▸ **Task brief**
Repeat nothing but the lines below running from the one containing "pub mod Coordinates" to the one containing "pub mod UnitSquare". Keep both end lines.

▸ **Data for processing**
....
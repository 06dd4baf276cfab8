-- ===== src/Mapping.antt =====
-- The input mapping of the web client: keyboard and mouse input as touches on the device
-- (AYLink.Web/src/features/inputMapping/).
pub mod Schema
pub mod Commands
pub mod Coordinates
pub mod Validator
pub mod Compiler
pub mod Buckets
pub mod Gestures
pub mod Bursts
pub mod Runtime
pub mod Joystick
pub mod Bindings
pub mod Matching
pub mod MouseLook
pub mod Handlers
pub mod HeldLook
pub mod Release
pub mod UnitSquare
pub mod Cancels
pub mod Presses
mod Tests
pub mod Bridge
....
▸ **Solution to this exercise**
pub mod Coordinates
pub mod Validator
pub mod Compiler
pub mod Buckets
pub mod Gestures
pub mod Bursts
pub mod Runtime
pub mod Joystick
pub mod Bindings
pub mod Matching
pub mod MouseLook
pub mod Handlers
pub mod HeldLook
pub mod Release
pub mod UnitSquare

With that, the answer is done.